More importantly, policy finance plays a critical role in addressing the structural financing gaps that market mechanisms often fail to cover during the early stages of industrialization. Infrastructure development, agricultural modernization, and manufacturing upgrading usually require long investment cycles, slow returns, and involve significant positive externalities. These are precisely the kinds of investments that short-term commercial capital is often unwilling or unable to finance. 

Policy finance, therefore, does not weaken market principles; rather, it serves as a necessary correction to market failure. The industrialization experience of many countries shows that long-term, stable, and patient capital is indispensable in the early stages of development. Only after productive capacity and basic industrial foundations are established can private capital enter on a sustainable basis. Without this foundation, markets cannot function effectively.

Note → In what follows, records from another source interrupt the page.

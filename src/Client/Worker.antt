-- ===== src/Client/Worker.antt =====
-- client/workeropt.go: `createWorkerOpt` puts the pieces of a worker together.
pub mod Opens
pub mod Keeps
pub mod Up
use img.Common.{String, false, some, [], ◌∷◌, not, ◌==◌, if◌then◌else◌}
use img.Common.Exec.{Exec, errorf, caused, pure, raise, ◌>>=◌, ◌>>◌, attempt, or_fail, gets}
use img.Common.FilePath
use img.Common.Text.{same_code}
use img.Services.{Services, Handle, Context, WorkerOpt}
use img.Backend.{native_backend, overlayfs_backend}
use img.Client.{State, call, get_session_manager}

module _ {W : Type 0} (S : Services W) where
  open S.workers use {
    new_metadata_store, parent_euid, new_native_snapshotter, new_overlay_snapshotter,
    new_runc_executor, new_local_store, open_bolt, new_db, init_db, collect_garbage, throttle,
    db_content_store, db_snapshotter, new_image_store, new_content_store, new_snapshotter,
    new_applier, new_differ, worker_id, labels,
  }

  -- The `switch` on the backend. `auto` has no case: `New` has resolved it.
  unfoldable pub create_snapshotter : String → String → Exec (State W) Handle
  create_snapshotter backend snapshot_root =
      if backend == native_backend
      then or_fail (caused "creating %s snapshotter failed: %v" (backend ∷ []))
          (call (new_native_snapshotter snapshot_root))
      else if backend == overlayfs_backend
      then or_fail (caused "creating %s snapshotter failed: %v" (backend ∷ []))
          (call (new_overlay_snapshotter snapshot_root))
      else raise (errorf "%s is not a valid snapshots backend" (backend ∷ []))

  -- The garbage collector that the stores are handed: its error is logged, and it returns nil.
  unfoldable pub garbage_collector : Handle → Context → Exec W (Unit {0})
  garbage_collector mdb ctx = do
    throttle 1_000_000_000 (do _ ← attempt (collect_garbage mdb); pure tt)
    pure tt

  -- The metadata database with its stores, of the second half of the function.
  unfoldable pub open_metadata : String → String → Handle → Handle → Exec (State W) Handle
  open_metadata root backend content snapshotter = do
    db ← call (open_bolt (FilePath.join (root ∷ "containerdmeta.db" ∷ [])) 0o644 false)
    let mdb = new_db db content ((backend, snapshotter) ∷ [])
    call (init_db mdb)
    pure mdb

  unfoldable pub create_worker_opt : Exec (State W) WorkerOpt
  unfolding get_session_manager create_snapshotter open_metadata garbage_collector
  create_worker_opt = do
    sm ← get_session_manager S
    root ← gets (λ s. s.client.root)
    backend ← gets (λ s. s.client.backend)
    md ← call (new_metadata_store (FilePath.join (root ∷ "metadata.db" ∷ [])))
    euid ← call parent_euid
    s ← create_snapshotter backend (FilePath.join (root ∷ "snapshots" ∷ []))
    exe ← call (new_runc_executor (FilePath.join (root ∷ "executor" ∷ [])) (not (same_code euid 0)))
    local ← call (new_local_store (FilePath.join (root ∷ "content" ∷ [])))
    mdb ← open_metadata root backend local s
    let gc = garbage_collector mdb
    let content = new_content_store (db_content_store mdb) "buildkit" gc
    id ← call (worker_id root)
    pure (record {
      id = id;
      labels = labels "oci" backend;
      session_manager = sm;
      metadata_store = md;
      executor = exe;
      snapshotter = new_snapshotter (db_snapshotter mdb backend) content md "buildkit" gc;
      content_store = content;
      applier = new_applier content;
      differ = new_differ content;
      image_store = some (new_image_store mdb);
    })
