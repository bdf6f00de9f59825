-- ===== src/Client/Worker/Keeps.antt =====
-- Predicates on the host that `createWorkerOpt` keeps, piece by piece.
use img.Common.{ℕ, String, Bool, Option, none, some, ◌==◌}
use img.Common.Exec.{Exec, Outcome}
use img.Common.Triple.{
  Keeps, keeps_all, Triple-bind, Triple-pure, Triple-raise, Triple-or_fail, Triple-if,
  Triple-modify, Keeps-gets,
}
use img.Services.{Services, Handle}
use img.Backend.{native_backend, overlayfs_backend}
use img.Client.{State, call, lift, manager_or_new, get_session_manager}
use img.Client.Worker.{create_snapshotter, open_metadata, create_worker_opt}

abbrev pub Preserves : {W A : Type 0} → (W → Type 0) → Exec W A → Type 0
Preserves {W = W} P m = (w : W) → P w → P (m w).1

pub record Pieces {W : Type 0} (S : Services W) (P : W → Type 0) : Type 0 where
  pub manager : Preserves P S.sessions.new_manager
  pub metadata : (p : String) → Preserves P (S.workers.new_metadata_store p)
  pub euid : Preserves P S.workers.parent_euid
  pub native : (p : String) → Preserves P (S.workers.new_native_snapshotter p)
  pub overlay : (p : String) → Preserves P (S.workers.new_overlay_snapshotter p)
  pub runc : (p : String) (b : Bool) → Preserves P (S.workers.new_runc_executor p b)
  pub local : (p : String) → Preserves P (S.workers.new_local_store p)
  pub bolt : (p : String) (m : ℕ) (b : Bool) → Preserves P (S.workers.open_bolt p m b)
  pub init : (h : Handle) → Preserves P (S.workers.init_db h)
  pub id : (p : String) → Preserves P (S.workers.worker_id p)

-- A property of the host, as one of the state.
abbrev pub OnHost : {W : Type 0} → (W → Type 0) → State W → Type 0
OnHost P s = P s.host

module _ {W : Type 0} (P : W → Type 0) where
  pub Keeps-host : {A : Type 0} (m : Exec W A) → Preserves P m → Keeps (OnHost P) (call m)
  unfolding call
  Keeps-host m q = record {
    at = λ s h. keeps_all (OnHost P) (m s.host).0 (record s { host = (m s.host).1 }) (q s.host h);
  }

  pub Keeps-lift : {A : Type 0} (o : Outcome A) → Keeps (OnHost P) (lift o)
  unfolding lift
  Keeps-lift o = record { at = λ s h. keeps_all (OnHost P) o s h }

module _ {W : Type 0} {S : Services W} (P : W → Type 0) (K : Pieces S P) where
  manager_or_new-OnHost : (field : Option Handle) → Keeps (OnHost P) (manager_or_new S field)
  unfolding manager_or_new
  manager_or_new-OnHost (some m) = Triple-pure m (λ s h. h)
  manager_or_new-OnHost none =
      Triple-bind (Keeps-host P _ K.manager)
        λ m. Triple-bind (Triple-modify _ (λ s h. h)) λ _. Triple-pure m (λ s h. h)

  pub get_session_manager-OnHost : Keeps (OnHost P) (get_session_manager S)
  unfolding get_session_manager
  get_session_manager-OnHost = Triple-bind (Keeps-gets _) manager_or_new-OnHost

  create_snapshotter-OnHost :
      (backend root : String) → Keeps (OnHost P) (create_snapshotter S backend root)
  unfolding create_snapshotter
  create_snapshotter-OnHost backend root =
      Triple-if (backend == native_backend) (Triple-or_fail _ (Keeps-host P _ (K.native root))) (
        Triple-if (backend == overlayfs_backend)
          (Triple-or_fail _ (Keeps-host P _ (K.overlay root))) (Triple-raise _))

  open_metadata-OnHost :
      (root backend : String) (content s : Handle)
      → Keeps (OnHost P) (open_metadata S root backend content s)
  unfolding open_metadata
  open_metadata-OnHost root backend content s =
      Triple-bind (Keeps-host P _ (K.bolt _ _ _))
        λ db. Triple-bind (Keeps-host P _ (K.init _)) λ _. Triple-pure _ (λ st h. h)

  pub create_worker_opt-OnHost : Keeps (OnHost P) (create_worker_opt S)
  unfolding create_worker_opt
  create_worker_opt-OnHost = Triple-bind get_session_manager-OnHost λ sm.
      Triple-bind (Keeps-gets _) λ root. Triple-bind (Keeps-gets _) λ backend.
        Triple-bind (Keeps-host P _ (K.metadata _)) λ md.
          Triple-bind (Keeps-host P _ K.euid) λ euid.
            Triple-bind (create_snapshotter-OnHost backend _) λ s.
              Triple-bind (Keeps-host P _ (K.runc _ _)) λ exe.
                Triple-bind (Keeps-host P _ (K.local _)) λ local.
                  Triple-bind (open_metadata-OnHost root backend local s)
                    λ mdb. Triple-bind (Keeps-host P _ (K.id _)) λ id. Triple-pure _ (λ st h. h)
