-- ===== src/Client/Backends.antt =====
-- The backend that `New` puts into the client, the snapshotter for it, and the session manager.
use img.Common.{
  ℕ, String, Bool, true, false, Option, none, some, List, [], ◌∷◌, ◌≡◌, refl, ap, ◌⊎◌, inl, inr,
  arith, if◌then◌else◌,
}
use img.Common.Exec.{ok, caused, or_fail, ◌>>=◌}
use img.Common.FilePath
use img.Common.Triple.{
  Triple, Triple-bind, Triple-pure, Triple-given, Triple-weaken, Triple-modify, Keeps-attempt,
}
use img.Services.{Services, Handle}
use img.Backend.{auto_backend, native_backend, overlayfs_backend}
use img.Client.Calls.{debugf-Keeps}
use img.Client.{
  Client, State, call, print, succeeded, resolve_backend, new, manager_or_new, get_session_manager,
}
use img.Client.Worker.{create_snapshotter}
use img.Client.Worker.Keeps.{Preserves, OnHost, Keeps-host}

-- One of the three names that main.go lets through.
abbrev pub IsValid : String → Type 0
IsValid b = (b ≡ auto_backend) ⊎ (b ≡ native_backend) ⊎ (b ≡ overlayfs_backend)

abbrev pub IsResolved : String → Type 0
IsResolved b = (b ≡ native_backend) ⊎ (b ≡ overlayfs_backend)

pub picked : (b : Bool) → IsResolved (if b then overlayfs_backend else native_backend)
picked true = inr refl
picked false = inl refl

module _ {W : Type 0} (S : Services W) where
  -- A client that `New` makes from a valid backend has a backend that is not `auto`, a root that ends
  -- in it, and neither a session manager nor a controller yet.
  abbrev pub IsFresh : String → Client → Type 0
  IsFresh root c =
      IsResolved c.backend
      × (c.root ≡ FilePath.join (root ∷ "runc" ∷ c.backend ∷ []))
      × (c.session_manager ≡ none)
      × (c.controller ≡ none)

module _ {W : Type 0} (S : Services W) (P : W → Type 0)
    (probe : (path : String) → Preserves P (S.workers.overlay_supported path))
    (make : (path : String) (mode : ℕ) → Preserves P (S.files.mkdir_all path mode)) where
  resolve_backend-OnHost :
      (root backend : String)
      → IsValid backend
      → Triple
          (OnHost P)
          (resolve_backend S root backend)
          (λ b s. OnHost P s × IsResolved b)
          (OnHost P)
  unfolding resolve_backend print
  resolve_backend-OnHost root backend (inl e) = rw e (
      Triple-bind (Keeps-attempt (Keeps-host P _ (probe root))) λ supported.
        Triple-bind (debugf-Keeps (λ line. Triple-modify _ (λ s h. h)) _ _)
          λ _. Triple-pure _ (λ s h. (h, picked (succeeded supported))))
  resolve_backend-OnHost root backend (inr (inl e)) = rw e (Triple-pure _ (λ s h. (h, inl refl)))
  resolve_backend-OnHost root backend (inr (inr e)) = rw e (Triple-pure _ (λ s h. (h, inr refl)))

  -- `New` keeps what the probe of the kernel and the making of directories keep.
  pub new-OnHost :
      (root backend : String) (dirs : List (String × String))
      → IsValid backend
      → Triple
          (OnHost P)
          (new S root backend dirs)
          (λ c s. OnHost P s × IsFresh S root c)
          (OnHost P)
  unfolding new
  new-OnHost root backend dirs valid =
      Triple-bind (resolve_backend-OnHost (root) backend valid) λ b. Triple-given λ resolved.
        Triple-bind (Keeps-host P _ (make _ _))
          λ _. Triple-pure _ (λ s h. (h, (resolved, refl, refl, refl)))

module _ {W : Type 0} (S : Services W) where
  -- From any state and for each of the three valid backends: a client that `New` returns has the native
  -- or the overlayfs backend, keeps its data in `runc/<backend>` below the given directory, and has no
  -- session manager and no controller yet.
  pub new-Triple :
      (root backend : String) (dirs : List (String × String))
      → IsValid backend
      → Triple
          (OnHost (λ _. Unit {0}))
          (new S root backend dirs)
          (λ c _. IsFresh S root c)
          (OnHost (λ _. Unit {0}))
  new-Triple root backend dirs valid =
      Triple-weaken (new-OnHost S (λ _. Unit) (λ p w h. tt) (λ p m w h. tt) root backend dirs valid)
        (λ c s h. h.1)

  -- For a backend that is native or overlayfs, `createSnapshotter` is the call of that backend's
  -- constructor, its error wrapped, and the `default` case is not reached.
  create_snapshotter-resolved :
      (backend path : String)
      → IsResolved backend
      → ((backend ≡ native_backend)
          × (create_snapshotter S backend path
              ≡ or_fail
                  (caused "creating %s snapshotter failed: %v" (backend ∷ []))
                  (call (S.workers.new_native_snapshotter path))))
        ⊎ ((backend ≡ overlayfs_backend)
            × (create_snapshotter S backend path
                ≡ or_fail
                    (caused "creating %s snapshotter failed: %v" (backend ∷ []))
                    (call (S.workers.new_overlay_snapshotter path))))
  unfolding create_snapshotter
  create_snapshotter-resolved backend path (inl e) = inl (e, rw e refl)
  create_snapshotter-resolved backend path (inr e) = inr (e, rw e refl)

  manager_kept :
      (field : Option Handle) (s s' : State W) (m : Handle)
      → s.client.session_manager ≡ field
      → manager_or_new S field s ≡ (ok m, s')
      → s'.client.session_manager ≡ some m
  unfolding manager_or_new call ◌>>=◌
  manager_kept (some m') s s' m e h = ground arith
  manager_kept none s s' m e h = ground arith

  -- The session manager is made at most once: after a call that returns one, each later call returns
  -- the same one and changes nothing.
  pub get_session_manager-once :
      (s s' : State W) (m : Handle)
      → get_session_manager S s ≡ (ok m, s')
      → get_session_manager S s' ≡ (ok m, s')
  unfolding get_session_manager manager_or_new ◌>>=◌
  get_session_manager-once s s' m h =
      let kept : s'.client.session_manager ≡ some m =
        manager_kept s.client.session_manager s s' m refl h in
      ap (λ f. manager_or_new S f s') kept
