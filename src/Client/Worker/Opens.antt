-- ===== src/Client/Worker/Opens.antt =====
-- `createWorkerOpt` and the image names: which file the store that it returns reads.
use img.Common.{String, Option, none, some, [], ◌∷◌, ◌≡◌, refl, ◌∙◌, ap, ◌==◌}
use img.Common.Exec.{Exec, ok, gets}
use img.Common.FilePath
use img.Common.Triple.{
  Triple, Keeps, keeps_all, Triple-bind, Triple-pure, Triple-raise, Triple-or_fail, Triple-given,
  Triple-if, Triple-modify, Keeps-gets,
}
use img.Services.{Services, Handle, WorkerOpt}
use img.Services.Laws.{Tags, IsLawful, IsQuiet}
use img.Backend.{native_backend, overlayfs_backend}
use img.Client.{State, call, manager_or_new, get_session_manager}
use img.Client.Calls.{call-Triple}
use img.Client.Worker.{create_snapshotter, open_metadata, create_worker_opt}

-- The metadata file below a client's root.
abbrev pub metadata_path : String → String
metadata_path root = FilePath.join (root ∷ "containerdmeta.db" ∷ [])

module _ {W : Type 0} {S : Services W} (L : IsLawful S) where
  -- The names are those of `t`, and the client works below `r`.
  abbrev pub View : Tags → String → State W → Type 0
  View t r s = (L.tags s.host ≡ t) × (s.client.root ≡ r)

  abbrev pub Reads : String → WorkerOpt → Type 0
  Reads path opt = (h : Handle) × (opt.image_store ≡ some h) × (L.file_of h ≡ path)

module _ {W : Type 0} {S : Services W} (L : IsLawful S) (t : Tags) (r : String) where
  pub Keeps-call : {A : Type 0} (m : Exec W A) → IsQuiet L.tags m → Keeps (View L t r) (call m)
  unfolding call
  Keeps-call m q = record {
    at = λ s h.
        keeps_all (View L t r) (m s.host).0 (record s { host = (m s.host).1 })
          (q s.host ∙ h.0, h.1);
  }

  manager_or_new-Keeps : (field : Option Handle) → Keeps (View L t r) (manager_or_new S field)
  unfolding manager_or_new
  manager_or_new-Keeps (some m) = Triple-pure m (λ s h. h)
  manager_or_new-Keeps none =
      Triple-bind (Keeps-call S.sessions.new_manager L.manager_quiet)
        (λ m. Triple-bind (Triple-modify _ (λ s h. h)) λ _. Triple-pure m (λ s h. h))

  pub get_session_manager-Keeps : Keeps (View L t r) (get_session_manager S)
  unfolding get_session_manager
  get_session_manager-Keeps = Triple-bind (Keeps-gets _) manager_or_new-Keeps

  pub create_snapshotter-Keeps :
      (backend root : String) → Keeps (View L t r) (create_snapshotter S backend root)
  unfolding create_snapshotter
  create_snapshotter-Keeps backend root =
      Triple-if (backend == native_backend) (Triple-or_fail _ (Keeps-call _ (L.native_quiet root)))
        (Triple-if (backend == overlayfs_backend)
          (Triple-or_fail _ (Keeps-call _ (L.overlay_quiet root))) (Triple-raise _))

  -- What a call returns satisfies what is known of every value that it can return.
  pub Triple-call :
      {A : Type 0} (m : Exec W A) (Fact : A → Type 0)
      → IsQuiet L.tags m
      → ((w : W) (a : A) → L.tags w ≡ t → (m w).0 ≡ ok a → Fact a)
      → Triple (View L t r) (call m) (λ a s. View L t r s × Fact a) (View L t r)
  Triple-call m Fact q f =
      call-Triple (View L t r) Fact m (λ s h. (q s.host ∙ h.0, h.1)) (λ s a h e. f s.host a h.0 e)

  Triple-root :
      Triple (View L t r) (gets (λ s. s.client.root)) (λ a s. View L t r s × (a ≡ r)) (View L t r)
  unfolding gets
  Triple-root = record { at = λ s h. (h, h.1) }

  open_metadata-Triple :
      (root backend : String) (content s : Handle)
      → Triple
          (View L t r)
          (open_metadata S root backend content s)
          (λ h st. View L t r st × (L.file_of h ≡ metadata_path root))
          (View L t r)
  unfolding open_metadata
  open_metadata-Triple root backend content s =
      Triple-bind
        (Triple-call (S.workers.open_bolt _ _ _) (λ db. L.file_of db ≡ metadata_path root)
          (L.bolt_quiet _ _ _) (λ w db _ e. L.file_of_bolt _ _ _ w db e))
        λ db. Triple-given λ e.
          Triple-bind (Keeps-call _ (L.init_quiet _))
            λ _. Triple-pure _ (λ st h. (h, L.file_of_db db content _ ∙ e))

  -- A worker's store reads the metadata file of the client that made it.
  pub create_worker_opt-Triple :
      Triple
        (View L t r)
        (create_worker_opt S)
        (λ opt s. View L t r s × Reads L (metadata_path r) opt)
        (View L t r)
  unfolding create_worker_opt
  create_worker_opt-Triple = Triple-bind get_session_manager-Keeps λ sm.
      Triple-bind Triple-root λ root. Triple-given λ here. Triple-bind (Keeps-gets _) λ backend.
        Triple-bind (Keeps-call _ (L.metadata_quiet _)) λ md.
          Triple-bind (Keeps-call _ L.euid_quiet) λ euid.
            Triple-bind (create_snapshotter-Keeps backend _) λ s.
              Triple-bind (Keeps-call _ (L.runc_quiet _ _)) λ exe.
                Triple-bind (Keeps-call _ (L.local_quiet _)) λ local.
                  Triple-bind (open_metadata-Triple root backend local s) λ mdb.
                    Triple-given λ file. Triple-bind (Keeps-call _ (L.id_quiet _)) λ id.
                      Triple-pure _ (λ st h. (
                        h,
                        (
                          S.workers.new_image_store mdb,
                          refl,
                          L.file_of_store mdb ∙ (file ∙ ap metadata_path here),
                        ),
                      ))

In this sense, the value of BRI special loans lies not simply in providing funding, but in helping African countries build industrial foundations and strengthen sustainable development through long-term capital support. These loans not only address financing constraints more effectively, but also create the conditions necessary for markets to develop and function. Claims that such financing "weakens market principles" may not fully reflect the realities of industrialization in developing countries and may blur the distinction between building markets and operating mature ones.

For African countries, what matters most is not short-term financial relief, but long-term development finance that can support industrialization, create jobs, and strengthen industrial competitiveness. The experience of the African SME special loan shows that development finance is not opposed to markets, but rather helps create the conditions for markets to grow. This is not only central to China-Africa cooperation, but also carries broader relevance for other Global South countries working toward economic transformation.